Sucker Punch is the story of the abuse of women, domestic and institutional historical and modern. It is the story of five girls/young women, and one in particular - Baby Doll, an orphan.
She has been placed in a mental hospital (framed by her step-father for the death of her sister) in which she is destined to receive a lobotomy. As she is about to be operated on, she finds it within herself to move to a new reality - a brothel. Here she is being prepared to have sexual intercourse with a man called the High Roller. In preparation for this meeting, Baby Doll is told that she must learn to dance.
Her dancing transfixes the men in her presence, which hypnotism her new-found friends (also present in the brothel reality) take advantage of to acquire five items that she believes will help them escape. Just as the men are distracted, so are we, for we do not see her dance but are instead led into a splendidly exciting third reality - where the girls fight battles with samurai monsters, zombie nazis and fire-breathing dragons (traditionally male arenas) - through which we see those quests played out.
Here the girls adapt the costumes of exploitation, cutting their outfits into attractive uniforms for battle against it, draining them of associations of filth and breathing soul into body, turning revulsion into revelry and an adventure of freedom. Within seconds I did not see exposed flesh and live toys to be fondled - I only saw them. We revel in them and with them (and of course there is nothing wrong with finding women attractive or with lust).
What is ugly is made beautiful, just as the tomb of a moth secretly becomes the womb of a butterfly. What may tempt some is acknowledged, laid in front of us and then remodelled.
What is more, there is no hatred, no vindictiveness, no revenge. Baby Doll's abusive step-father quickly disappears from the stage. No-one is hounded, humiliated or 'made to pay'. The girls show mercy throughout. Only inner strength and self-respect count. This is not about women versus men but right versus wrong and humanity versus inhumanity. Calling for a reductive label to be put on a film (feminist, chauvinist, degrading or empowering?) pretzel-twists all nuance, delicacy, and personal responsibility and morality out of the equation.
All that matters is that we care. And I did.
Sucker Punch speaks the right language. It places us both in the girls' shoes, pained, uplifted and inspired, and in those of their oppressors. Sucker Punch lives in the midst of what it criticises (the type of person, the type of film).
Are we to be distracted from what is really happening in the brothel, what is really happening in the hospital? Will we allow, like those men in the dark, our soul to be stolen from under our nose, bewitched by these loud noises, these propulsive songs and intense gyrations? These abstractions are used to divert us, to make the story palatable, to turn barren, po-faced lecture (many films about abuse tastefully leave our possible complicity and the gradations of exploitation to one side) into apt demonstration and to mirror the closed doors and drawn curtains behind which awful acts are perpetrated.

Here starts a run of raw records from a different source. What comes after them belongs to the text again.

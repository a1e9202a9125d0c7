-- ===== src/Share/Settle.antt =====
-- How a share partition settles a delivery: Ack and Nack (internal/queuelog/share.go).
use boltq.Prelude.{
  ℕ, suc, ◌≡◌, ◌≢◌, refl, ap, ◌∙◌, Bool, true, false, not, ◌&&◌, ◌||◌, Option, none, some, ltb,
  ◌==◌, if◌then◌else◌, nat_eq, arith, Bool-cases, inl, inr, GoString, str_eq, Cases, by_cases,
}
use boltq.Prelude.Dict.{get, has, size, get-put, get-remove, is_some}
use boltq.Share.{
  Entry, SharePartition, Outside, Reason, rejected, delivered_without_ack, Error, is_acquired,
  released, release, retire, slide, advance, commit_base, dead_letter,
}
use boltq.Share.Settling.{exhausted, ack, ack_found, nack, nack_found, nack_held}
use boltq.Share.Slide.{slide-passes, slide-stops}
use boltq.Share.Window.{IsWindow, retire-IsWindow, dead_letter-IsWindow}

abbrev pub leased_entry : Option Entry → GoString → Bool
leased_entry none consumer = false
leased_entry (some e) consumer = is_acquired e.state && str_eq e.holder consumer

module _ {E : Type 0} where
  -- A sequence that no consumer will see again.
  abbrev pub finished : SharePartition E → ℕ → Bool
  finished sp s = ltb s sp.base || has sp.retired s

  abbrev pub leased_to : SharePartition E → GoString → ℕ → Bool
  leased_to sp consumer seq = leased_entry (get sp.entries seq) consumer

  -- What a sequence's entry and the sequences finished become when `seq` is retired or released.
  abbrev pub Settled : SharePartition E → ℕ → Option Entry → SharePartition E → Type 0
  Settled sp seq left end =
      (s : ℕ)
      → (get end.entries s ≡ (if seq == s then left else get sp.entries s))
        × (finished end s ≡ (finished sp s || ((seq == s) && not (is_some left))))

  pub retire-Settled : (sp : SharePartition E) (seq : ℕ) → Settled sp seq none (retire sp seq)
  unfolding retire
  retire-Settled sp seq s = ground (arith, get-remove sp.entries seq s, get-put sp.retired seq tt s)

  pub release-Settled :
      (sp : SharePartition E) (seq : ℕ) (e : Entry)
      → Settled sp seq (some (released e)) (release sp seq e)
  unfolding release
  release-Settled sp seq e s = ground (arith, get-put sp.entries seq (released e) s)

module _ {E : Type 0} ⦃out : Outside E⦄ where
  -- Sliding the base changes neither which sequences are finished nor the entries, and the base is
  -- then the first sequence that is not finished.
  pub advance_exact :
      (sp : SharePartition E)
      → IsWindow sp
      → ((s : ℕ) → finished (advance sp).1 s ≡ finished sp s)
        × ((advance sp).1.entries ≡ sp.entries)
        × (finished (advance sp).1 (advance sp).1.base ≡ false)
  unfolding advance commit_base
  advance_exact sp w =
      let stops = slide-stops (size sp.retired) sp.base sp.retired (omega arith) in
      elim (Bool-cases
        ((slide (size sp.retired) sp.base sp.retired).0 == sp.base || not sp.has_cursors)) [
          | inl still ↦ rw still (
            λ s. ground (
              arith,
              slide-passes (size sp.retired) sp.base s sp.retired
                  (λ t held. (w.retired_in t held).0),
            ),
            refl,
            ground (arith, stops),
          )
          | inr moved ↦ rw moved (
            λ s. ground (
              arith,
              slide-passes (size sp.retired) sp.base s sp.retired
                  (λ t held. (w.retired_in t held).0),
            ),
            refl,
            ground (arith, stops),
          )
        ]

  advance-Settled :
      (sp mid : SharePartition E) (seq : ℕ) (left : Option Entry)
      → IsWindow mid
      → Settled sp seq left mid
      → Settled sp seq left (advance mid).1
  advance-Settled sp mid seq left w h s =
      let a = advance_exact mid w in (ap (λ d. get d s) a.1 ∙ (h s).0, a.0 s ∙ (h s).1)

  -- Whether the dead-letter route takes a record.
  abbrev pub accepted : SharePartition E → Entry → Reason → Bool
  accepted sp e reason =
      not sp.cfg.has_dead_letter || (out.dead_letter sp.env sp.key e.rec reason).0

  pub dead_letter-Settled :
      (sp : SharePartition E) (seq : ℕ) (e : Entry) (reason : Reason)
      → Settled sp seq
          (if accepted sp e reason then none else some (released e))
          (dead_letter sp seq e reason)
  unfolding dead_letter
  dead_letter-Settled sp seq e reason s =
      let env = (out.dead_letter sp.env sp.key e.rec reason).1 in
      ground (
        arith,
        retire-Settled (record sp { dlq_count = suc sp.dlq_count }) seq s,
        retire-Settled (record sp { env = env; dlq_count = suc sp.dlq_count }) seq s,
        release-Settled (record sp { env = env }) seq e s,
      )

  -- The answers that change nothing.
  abbrev pub Refused : SharePartition E → Option Error × SharePartition E → Type 0
  Refused sp (err, end) = (end ≡ sp) × (err ≢ none)

  ack_found-exact :
      (o : Option Entry) (sp : SharePartition E) (consumer : GoString) (seq : ℕ)
      → IsWindow sp
      → get sp.entries seq ≡ o
      → (leased_entry o consumer ≡ true
          → Settled sp seq none (ack_found o sp consumer seq).1
            × (finished (ack_found o sp consumer seq).1 (ack_found o sp consumer seq).1.base
                ≡ false))
        × (leased_entry o consumer ≡ false → Refused sp (ack_found o sp consumer seq))
  unfolding ack_found
  ack_found-exact none sp consumer seq w found =
      (λ h. ground (arith, h), λ h. (refl, λ e. ground (arith, e)))
  ack_found-exact (some e) sp consumer seq w found =
      let gone : SharePartition E = record (retire sp seq) { acked = suc sp.acked } in
      let wg : IsWindow gone = unfold retire in retire-IsWindow sp seq (rw found) w in
      elim (Bool-cases (is_acquired e.state)) [
        | inl held ↦ elim (Bool-cases (str_eq e.holder consumer)) [
          | inl own ↦
              rw (held, own)
                (
                  λ h. (
                    advance-Settled sp gone seq none wg (unfold retire in retire-Settled sp seq),
                    (advance_exact gone wg).2,
                  ),
                  λ h. absurd (ground (arith, h)),
                )
          | inr other ↦
              rw (held, other)
                (λ h. absurd (ground (arith, h)), λ h. (refl, λ q. ground (arith, q)))
        ]
        | inr idle ↦ rw idle (λ h. absurd (ground (arith, h)), λ h. (refl, λ q. ground (arith, q)))
      ]

  ack-open :
      (sp : SharePartition E) (consumer : GoString) (seq : ℕ)
      → sp.closed ≡ false
      → ack sp consumer seq ≡ ack_found (get sp.entries seq) sp consumer seq
  unfolding ack
  ack-open sp consumer seq opened = rw opened refl

  pub ack-branches :
      (sp : SharePartition E) (consumer : GoString) (seq : ℕ)
      → IsWindow sp
      → sp.closed ≡ false
      → (leased_to sp consumer seq ≡ true
          → Settled sp seq none (ack sp consumer seq).1
            × (finished (ack sp consumer seq).1 (ack sp consumer seq).1.base ≡ false))
        × (leased_to sp consumer seq ≡ false → Refused sp (ack sp consumer seq))
  ack-branches sp consumer seq w opened =
      rw (ack-open sp consumer seq opened)
        (ack_found-exact (get sp.entries seq) sp consumer seq w refl)

  -- Acknowledging on an open partition: for the consumer that holds the lease it retires that one
  -- sequence and slides the base to the first sequence that is not finished; for any other consumer
  -- and any other sequence it is an error that changes nothing.
  pub ack_exact :
      (sp : SharePartition E) (consumer : GoString) (seq : ℕ)
      → IsWindow sp
      → sp.closed ≡ false
      → Cases
          (leased_to sp consumer seq)
          (Settled sp seq none (ack sp consumer seq).1
            × (finished (ack sp consumer seq).1 (ack sp consumer seq).1.base ≡ false))
          (Refused sp (ack sp consumer seq))
  ack_exact sp consumer seq w opened =
      let found = ack-branches sp consumer seq w opened in
      by_cases (leased_to sp consumer seq) found.0 found.1

  -- A nack retires the record, and does not release it, where the consumer rejects it or it has
  -- been delivered often enough, and the dead-letter route takes it.
  abbrev pub retires : SharePartition E → Entry → Bool → Bool
  retires sp e requeue =
      if not requeue
      then accepted sp e rejected
      else exhausted sp e && accepted sp e (delivered_without_ack e.count)

  nack_held-Settled :
      (sp : SharePartition E) (seq : ℕ) (e : Entry) (requeue : Bool)
      → get sp.entries seq ≡ some e
      → IsWindow sp
      → Settled sp seq
          (if retires sp e requeue then none else some (released e))
          (nack_held sp seq e requeue).1
  unfolding nack_held
  nack_held-Settled sp seq e requeue found w s =
      let held : has sp.entries seq ≡ true = rw found in
      let bad = dead_letter sp seq e rejected in
      let late = dead_letter sp seq e (delivered_without_ack e.count) in
      ground (
        arith,
        release-Settled sp seq e s,
        advance-Settled sp bad seq _ (dead_letter-IsWindow sp seq e rejected held w)
            (dead_letter-Settled sp seq e rejected) s,
        advance-Settled sp late seq _
            (dead_letter-IsWindow sp seq e (delivered_without_ack e.count) held w)
            (dead_letter-Settled sp seq e (delivered_without_ack e.count)) s,
      )

  -- The entry that a nack leaves of an entry.
  abbrev pub left_by_nack : SharePartition E → Option Entry → Bool → Option Entry
  left_by_nack sp none requeue = none
  left_by_nack sp (some e) requeue = if retires sp e requeue then none else some (released e)

  nack_found-exact :
      (o : Option Entry) (sp : SharePartition E) (consumer : GoString) (seq : ℕ) (requeue : Bool)
      → IsWindow sp
      → get sp.entries seq ≡ o
      → (leased_entry o consumer ≡ true
          → Settled sp seq (left_by_nack sp o requeue) (nack_found o sp consumer seq requeue).1)
        × (leased_entry o consumer ≡ false → Refused sp (nack_found o sp consumer seq requeue))
  unfolding nack_found
  nack_found-exact none sp consumer seq requeue w found =
      (λ h. ground (arith, h), λ h. (refl, λ e. ground (arith, e)))
  nack_found-exact (some e) sp consumer seq requeue w found =
      let counted : SharePartition E = record sp { nacked = suc sp.nacked } in
      elim (Bool-cases (is_acquired e.state)) [
        | inl held ↦ elim (Bool-cases (str_eq e.holder consumer)) [
          | inl own ↦
              rw (held, own)
                (
                  λ h. nack_held-Settled counted seq e requeue found w,
                  λ h. absurd (ground (arith, h)),
                )
          | inr other ↦
              rw (held, other)
                (λ h. absurd (ground (arith, h)), λ h. (refl, λ q. ground (arith, q)))
        ]
        | inr idle ↦ rw idle (λ h. absurd (ground (arith, h)), λ h. (refl, λ q. ground (arith, q)))
      ]

  nack-open :
      (sp : SharePartition E) (consumer : GoString) (seq : ℕ) (requeue : Bool)
      → sp.closed ≡ false
      → nack sp consumer seq requeue ≡ nack_found (get sp.entries seq) sp consumer seq requeue
  unfolding nack
  nack-open sp consumer seq requeue opened = rw opened refl

  pub nack-branches :
      (sp : SharePartition E) (consumer : GoString) (seq : ℕ) (requeue : Bool)
      → IsWindow sp
      → sp.closed ≡ false
      → (leased_to sp consumer seq ≡ true
          → Settled sp seq
              (left_by_nack sp (get sp.entries seq) requeue)
              (nack sp consumer seq requeue).1)
        × (leased_to sp consumer seq ≡ false → Refused sp (nack sp consumer seq requeue))
  nack-branches sp consumer seq requeue w opened =
      rw (nack-open sp consumer seq requeue opened)
        (nack_found-exact (get sp.entries seq) sp consumer seq requeue w refl)

  -- A nack on an open partition by the consumer that holds the lease: the record is retired if the
  -- consumer rejects it or it has been delivered often enough and the dead-letter route takes it,
  -- and is otherwise available again. From any other consumer, or for any other sequence, the nack
  -- is an error that changes nothing.
  pub nack_exact :
      (sp : SharePartition E) (consumer : GoString) (seq : ℕ) (requeue : Bool)
      → IsWindow sp
      → sp.closed ≡ false
      → Cases
          (leased_to sp consumer seq)
          (Settled sp seq
            (left_by_nack sp (get sp.entries seq) requeue)
            (nack sp consumer seq requeue).1)
          (Refused sp (nack sp consumer seq requeue))
  nack_exact sp consumer seq requeue w opened =
      let found = nack-branches sp consumer seq requeue w opened in
      by_cases (leased_to sp consumer seq) found.0 found.1
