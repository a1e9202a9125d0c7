-- ===== src/Share/Carry.antt =====
-- What the parts of acquire (internal/queuelog/share.go) keep of a share partition.
use boltq.Prelude.{
  ℕ, ◌≤◌, ◌≡◌, refl, ◌∙◌, Bool, true, false, not, ◌||◌, List, Option, none, some, ltb, leb,
  if◌then◌else◌, nat_eq, arith, Bool-cases, All, All-mono, inl, inr, GoString,
}
use boltq.Prelude.Dict.{Dict, get, has, keep, get-keep}
use boltq.Share.{Entry, SharePartition, Outside, Delivery, is_acquired, acquired, commit_base}
use boltq.Share.Acquiring.{skip_to}
use boltq.Share.Window.{IsWindow, WindowOf}
use boltq.Share.Settle.{finished}

abbrev pub held : Option Entry → Bool
held none = false
held (some e) = is_acquired e.state

-- The entry that a delivery leaves in the window.
abbrev pub entry_of : Delivery → Entry
entry_of d = record {
  rec = d.rec;
  state = acquired;
  count = d.count;
  deadline = d.deadline;
  holder = d.consumer;
}

module _ {E : Type 0} where
  -- From `a` to `b` no lease is lost and no sequence is finished, but below `first`.
  pub record Carries (first : ℕ) (a b : SharePartition E) : Type 0 where
    pub window : IsWindow b
    pub keeps :
        (s : ℕ) → first ≤ s → held (get a.entries s) ≡ true → get b.entries s ≡ get a.entries s
    pub finishes : (s : ℕ) → finished b s ≡ true → (finished a s || ltb s first) ≡ true
    pub cfg : b.cfg ≡ a.cfg

  pub Carries-refl : (first : ℕ) (a : SharePartition E) → IsWindow a → Carries first a a
  Carries-refl first a w = record {
    window = w;
    keeps = λ s lo h. refl;
    finishes = λ s h. ground (arith, h);
    cfg = refl;
  }

  pub Carries-trans :
      (first : ℕ) (a b c : SharePartition E)
      → Carries first a b
      → Carries first b c
      → Carries first a c
  Carries-trans first a b c f g = record {
    window = g.window;
    keeps = λ s lo h. g.keeps s lo (rw (f.keeps s lo h) h) ∙ f.keeps s lo h;
    finishes = λ s h. ground (arith, f.finishes s, g.finishes s h);
    cfg = g.cfg ∙ f.cfg;
  }

  -- A delivery to `consumer` made between `a` and `b`: no one held the record, and now it does.
  pub record Delivered (first : ℕ) (consumer : GoString) (deadline : ℕ) (a b : SharePartition E)
      (d : Delivery) : Type 0 where
    pub to : d.consumer ≡ consumer
    pub until : d.deadline ≡ deadline
    pub leased : first ≤ d.seq → get b.entries d.seq ≡ some (entry_of d)
    pub free : first ≤ d.seq → held (get a.entries d.seq) ≡ false

  pub Delivered-later :
      (first : ℕ) (consumer : GoString) (deadline : ℕ) (a b c : SharePartition E)
      (ds : List Delivery)
      → Carries first b c
      → All (Delivered first consumer deadline a b) ds
      → All (Delivered first consumer deadline a c) ds
  Delivered-later first consumer deadline a b c ds g = All-mono ds λ d h. record {
    to = h.to;
    until = h.until;
    leased = λ lo. g.keeps d.seq lo (rw (h.leased lo)) ∙ h.leased lo;
    free = h.free;
  }

  pub Delivered-earlier :
      (first : ℕ) (consumer : GoString) (deadline : ℕ) (a b c : SharePartition E)
      (ds : List Delivery)
      → Carries first a b
      → All (Delivered first consumer deadline b c) ds
      → All (Delivered first consumer deadline a c) ds
  Delivered-earlier first consumer deadline a b c ds f = All-mono ds λ d h. record {
    to = h.to;
    until = h.until;
    leased = h.leased;
    free = λ lo. elim (Bool-cases (held (get a.entries d.seq))) [
      | inl was ↦ absurd (ground (arith, was, h.free lo, f.keeps d.seq lo was))
      | inr free ↦ free
    ];
  }

module _ {E : Type 0} ⦃out : Outside E⦄ where
  pub skip_to-Carries :
      (sp : SharePartition E) (first : ℕ) → IsWindow sp → Carries first sp (skip_to sp first)
  unfolding skip_to commit_base
  skip_to-Carries sp first w = elim (Bool-cases (leb first sp.base)) [
    | inl below ↦ rw below (Carries-refl first sp w)
    | inr above ↦ elim (Bool-cases sp.has_cursors) [
      | inl c ↦
          rw (above, c)
            record { window = skipped above; keeps = kept_entry; finishes = done; cfg = refl }
      | inr c ↦
          rw (above, c)
            record { window = skipped above; keeps = kept_entry; finishes = done; cfg = refl }
    ]
  ]
    where
      after : Dict ℕ Entry
      after = keep (λ s e. not (ltb s first)) sp.entries

      after_retired : Dict ℕ (Unit {0})
      after_retired = keep (λ s u. not (ltb s first)) sp.retired

      kept_entry :
          (s : ℕ) → first ≤ s → held (get sp.entries s) ≡ true → get after s ≡ get sp.entries s
      kept_entry s lo h = ground (arith, lo, get-keep (λ s e. not (ltb s first)) sp.entries s)

      done :
          (s : ℕ)
          → (ltb s first || has after_retired s) ≡ true
          → (finished sp s || ltb s first) ≡ true
      done s h = ground (arith, h, get-keep (λ s u. not (ltb s first)) sp.retired s)

      skipped :
          leb first sp.base ≡ false
          → WindowOf first
              (if ltb sp.next first then first else sp.next)
              sp.cfg.max_in_flight
              after
              after_retired
              sp.heap
      skipped above = record {
        positive = ground (arith, above);
        ordered = ground arith;
        bounded = ground (arith, w.bounded, above);
        entry_in = λ s h. ground (
          arith,
          w.entry_in s,
          h,
          get-keep (λ s e. not (ltb s first)) sp.entries s,
          get-keep (λ s u. not (ltb s first)) sp.retired s,
        );
        retired_in = λ s h.
            ground (arith, w.retired_in s, h, get-keep (λ s u. not (ltb s first)) sp.retired s);
        covered = λ s lo hi. ground (
          arith,
          above,
          w.covered s,
          lo,
          hi,
          get-keep (λ s e. not (ltb s first)) sp.entries s,
          get-keep (λ s u. not (ltb s first)) sp.retired s,
        );
        waiting = λ s e h idle.
            ground
              (arith, w.waiting s e, h, idle, get-keep (λ s e. not (ltb s first)) sp.entries s);
      }
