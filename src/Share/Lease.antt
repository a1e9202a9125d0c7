-- ===== src/Share/Lease.antt =====
-- The two ways in which acquire (internal/queuelog/share.go) leases: released records from the heap,
-- and records that the log gave.
use boltq.Prelude.{
  ℕ, zero, suc, ◌+◌, ◌≡◌, refl, sym, ap, ◌∙◌, Bool, false, ◌||◌, List, [], ◌∷◌, Option, none, some,
  ◌==◌, if◌then◌else◌, nat_eq, arith, Bool-cases, All, Option-cases, inl, inr, GoString, elem,
}
use boltq.Prelude.Dict.{get, put, get-put, get-put_self}
use boltq.Share.{Entry, SharePartition, ShareConfig, Delivery, is_acquired, acquired, lease}
use boltq.Share.Acquiring.{redeliver, leasable, pop_min}
use boltq.Share.Window.{IsWindow}
use boltq.Share.Carry.{
  Carries, Carries-refl, Carries-trans, Delivered, Delivered-later, Delivered-earlier,
}

abbrev in_pop : ℕ → Option (ℕ × List ℕ) → Bool
in_pop s none = false
in_pop s (some (m, rest)) = (m == s) || elem s rest

pub elem-pop_min : (heap : List ℕ) (s : ℕ) → elem s heap ≡ in_pop s (pop_min heap)
unfolding elem pop_min
elem-pop_min [] s = refl
elem-pop_min (h ∷ hs) s = elim (Option-cases (pop_min hs)) [
  | inl empty ↦ rw empty (ground (arith, elem-pop_min hs s, empty))
  | inr ((m, rest), e) ↦ rw e (ground (arith, elem-pop_min hs s, e))
]

module _ {E : Type 0} where
  -- Leasing the least waiting record, which leaves the heap.
  lease_popped-Carries :
      (first : ℕ) (sp : SharePartition E) (seq : ℕ) (rest : List ℕ) (e : Entry)
      (consumer : GoString) (now : ℕ)
      → IsWindow sp
      → pop_min sp.heap ≡ some (seq, rest)
      → get sp.entries seq ≡ some e
      → is_acquired e.state ≡ false
      → Carries first sp (lease (record sp { heap = rest }) seq e consumer now).1
  unfolding lease
  lease_popped-Carries first sp seq rest e consumer now w p found idle = record {
    window = record {
      positive = w.positive;
      ordered = w.ordered;
      bounded = w.bounded;
      entry_in = λ s h. ground (arith, w.entry_in s, h, put_seq s, found);
      retired_in = w.retired_in;
      covered = λ s lo hi. ground (arith, w.covered s lo hi, put_seq s);
      waiting =
          λ s f h q. ground (arith, w.waiting s f, h, q, put_seq s, elem-pop_min sp.heap s, p);
    };
    keeps = λ s lo h. ground (arith, h, put_seq s, found, idle);
    finishes = λ s h. ground (arith, h);
    cfg = refl;
  }
    where
      leased_now : Entry
      leased_now = record e {
        state = acquired;
        count = suc e.count;
        holder = consumer;
        deadline = now + sp.cfg.ack_timeout;
      }

      put_seq :
          (s : ℕ)
          → get (put sp.entries seq leased_now) s
            ≡ (if seq == s then some leased_now else get sp.entries s)
      put_seq s = get-put sp.entries seq leased_now s

  -- Dropping a stale sequence from the heap.
  drop_stale-Carries :
      (first : ℕ) (sp : SharePartition E) (seq : ℕ) (rest : List ℕ)
      → IsWindow sp
      → pop_min sp.heap ≡ some (seq, rest)
      → leasable sp seq ≡ none
      → Carries first sp (record sp { heap = rest })
  unfolding leasable
  drop_stale-Carries first sp seq rest w p stale = record {
    window = record {
      positive = w.positive;
      ordered = w.ordered;
      bounded = w.bounded;
      entry_in = w.entry_in;
      retired_in = w.retired_in;
      covered = w.covered;
      waiting = λ s f h q. ground (arith, w.waiting s f, h, q, elem-pop_min sp.heap s, p, stale);
    };
    keeps = λ s lo h. refl;
    finishes = λ s h. ground (arith, h);
    cfg = refl;
  }

  leasable-found :
      (sp : SharePartition E) (seq : ℕ) (e : Entry)
      → leasable sp seq ≡ some e
      → (get sp.entries seq ≡ some e) × (is_acquired e.state ≡ false)
  unfolding leasable
  leasable-found sp seq e h = elim (Option-cases (get sp.entries seq)) [
    | inl absent ↦ absurd (ground (arith, absent, h))
    | inr (f, found) ↦ elim (Bool-cases (is_acquired f.state)) [
      | inl busy ↦ absurd (ground (arith, found, busy, h))
      | inr idle ↦
          let same : f ≡ e = ground (arith, found, idle, h) in
          (found ∙ ap some same, ap (λ (x : Entry). is_acquired x.state) (sym same) ∙ idle)
    ]
  ]

  abbrev pub Leasing :
      ℕ → GoString → ℕ → SharePartition E → List Delivery × SharePartition E → Type 0
  Leasing first consumer deadline a (ds, b) =
      Carries first a b × All (Delivered first consumer deadline a b) ds

  -- A delivery, then others.
  pub Leasing-cons :
      (first : ℕ) (consumer : GoString) (deadline : ℕ) (a m : SharePartition E) (d : Delivery)
      (more : List Delivery × SharePartition E)
      → Carries first a m
      → Delivered first consumer deadline a m d
      → Leasing first consumer deadline m more
      → Leasing first consumer deadline a (d ∷ more.0, more.1)
  Leasing-cons first consumer deadline a m d more c h rest = (
    Carries-trans first a m more.1 c rest.0,
    (
      (Delivered-later first consumer deadline a m more.1 (d ∷ []) rest.0 (h, tt)).0,
      Delivered-earlier first consumer deadline a m more.1 more.0 c rest.1,
    ),
  )

  pub Leasing-after :
      (first : ℕ) (consumer : GoString) (deadline : ℕ) (a m : SharePartition E)
      (more : List Delivery × SharePartition E)
      → Carries first a m
      → Leasing first consumer deadline m more
      → Leasing first consumer deadline a more
  Leasing-after first consumer deadline a m more c rest = (
    Carries-trans first a m more.1 c rest.0,
    Delivered-earlier first consumer deadline a m more.1 more.0 c rest.1,
  )

  lease_popped-Delivered :
      (first : ℕ) (sp : SharePartition E) (seq : ℕ) (rest : List ℕ) (e : Entry)
      (consumer : GoString) (now : ℕ)
      → get sp.entries seq ≡ some e
      → is_acquired e.state ≡ false
      → Delivered first consumer
          (now + sp.cfg.ack_timeout)
          sp
          (lease (record sp { heap = rest }) seq e consumer now).1
          (lease (record sp { heap = rest }) seq e consumer now).0
  unfolding lease
  lease_popped-Delivered first sp seq rest e consumer now found idle = record {
    to = refl;
    until = refl;
    leased = λ lo. get-put_self sp.entries seq _;
    free = λ lo. rw found idle;
  }

  pub redeliver-Leasing :
      (n want first : ℕ) (consumer : GoString) (now deadline : ℕ) (sp : SharePartition E)
      → IsWindow sp
      → deadline ≡ now + sp.cfg.ack_timeout
      → Leasing first consumer deadline sp (redeliver n want consumer now sp)
  unfolding redeliver
  redeliver-Leasing zero want first consumer now deadline sp w q = (Carries-refl first sp w, tt)
  redeliver-Leasing (suc n) zero first consumer now deadline sp w q = (Carries-refl first sp w, tt)
  redeliver-Leasing (suc n) (suc want) first consumer now deadline sp w q =
      elim (Option-cases (pop_min sp.heap)) [
        | inl empty ↦ rw empty (Carries-refl first sp w, tt)
        | inr ((seq, rest), p) ↦ elim (Option-cases (leasable sp seq)) [
          | inl stale ↦
              let c = drop_stale-Carries first sp seq rest w p stale in
              rw (p, stale)
                (Leasing-after first consumer deadline sp (record sp { heap = rest }) _ c
                  (redeliver-Leasing n (suc want) first consumer now deadline
                    (record sp { heap = rest }) c.window q))
          | inr (e, fresh) ↦
              let h = leasable-found sp seq e fresh in
              let c = lease_popped-Carries first sp seq rest e consumer now w p h.0 h.1 in
              let m = (lease (record sp { heap = rest }) seq e consumer now).1 in
              rw (p, fresh)
                (Leasing-cons first consumer deadline sp m
                  (lease (record sp { heap = rest }) seq e consumer now).0 _ c
                  (rw q (lease_popped-Delivered first sp seq rest e consumer now h.0 h.1))
                  (redeliver-Leasing n want first consumer now deadline m c.window
                    (q ∙ ap (λ (g : ShareConfig). now + g.ack_timeout) (sym c.cfg))))
        ]
      ]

There are risks to giving medicine with sugar (to having one's cake and eating it) as some will taste only the sickly sweet and relish the boobs (albeit there are no lascivious or gratuitous shots whatsoever), the lipstick smears and the ejaculatory gunfire. For them the film may be encouragement for 'objectification' or 'mindlessness'. Many critics and viewers have indeed seen the film itself, rather than its situation, as degrading and misogynistic.
What do you see?
Each action is code for another on a different layer, each object has a counterpart elsewhere on a second and third map. Sucker Punch is strong and dark with metaphor, its structure brilliantly interwoven with its message. These are not the tangential puzzles found in Mulholland Drive or Inception. Rather they drive to the very heart of the narrative. There is no obfuscation.
We are exhilarated and moved by camaraderie and solidarity and sacrifice. We are saddened and perturbed as the meaning of what we see is exposed by its echoes. Sucker Punch is massively enjoyable and increasingly hard to watch for what's at stake.
When do these stories begin to break through the screen?
What do the dances in the brothel mean in the hospital - do they stand for therapy or for rape? Does sex with the high roller in the brothel mean a lobotomy in the hospital? There is no easy way out. The realities are not dreams or escapes, but vivid and tangible expressions, paths to clawing back a little independence, dignity and happiness. This is non-escapist entertainment that, cleverly and (I believe) necessarily, looks and sounds like escapist entertainment.
Sucker Punch promotes the significance and power of love, of the mind, of stories, of film, of allegory, and of physical intimacy.
Are we perverts for pulling these curtains back? Or are we exposing something true and rotten?
Fun, intelligent and emotionally powerful. The finest film of the year.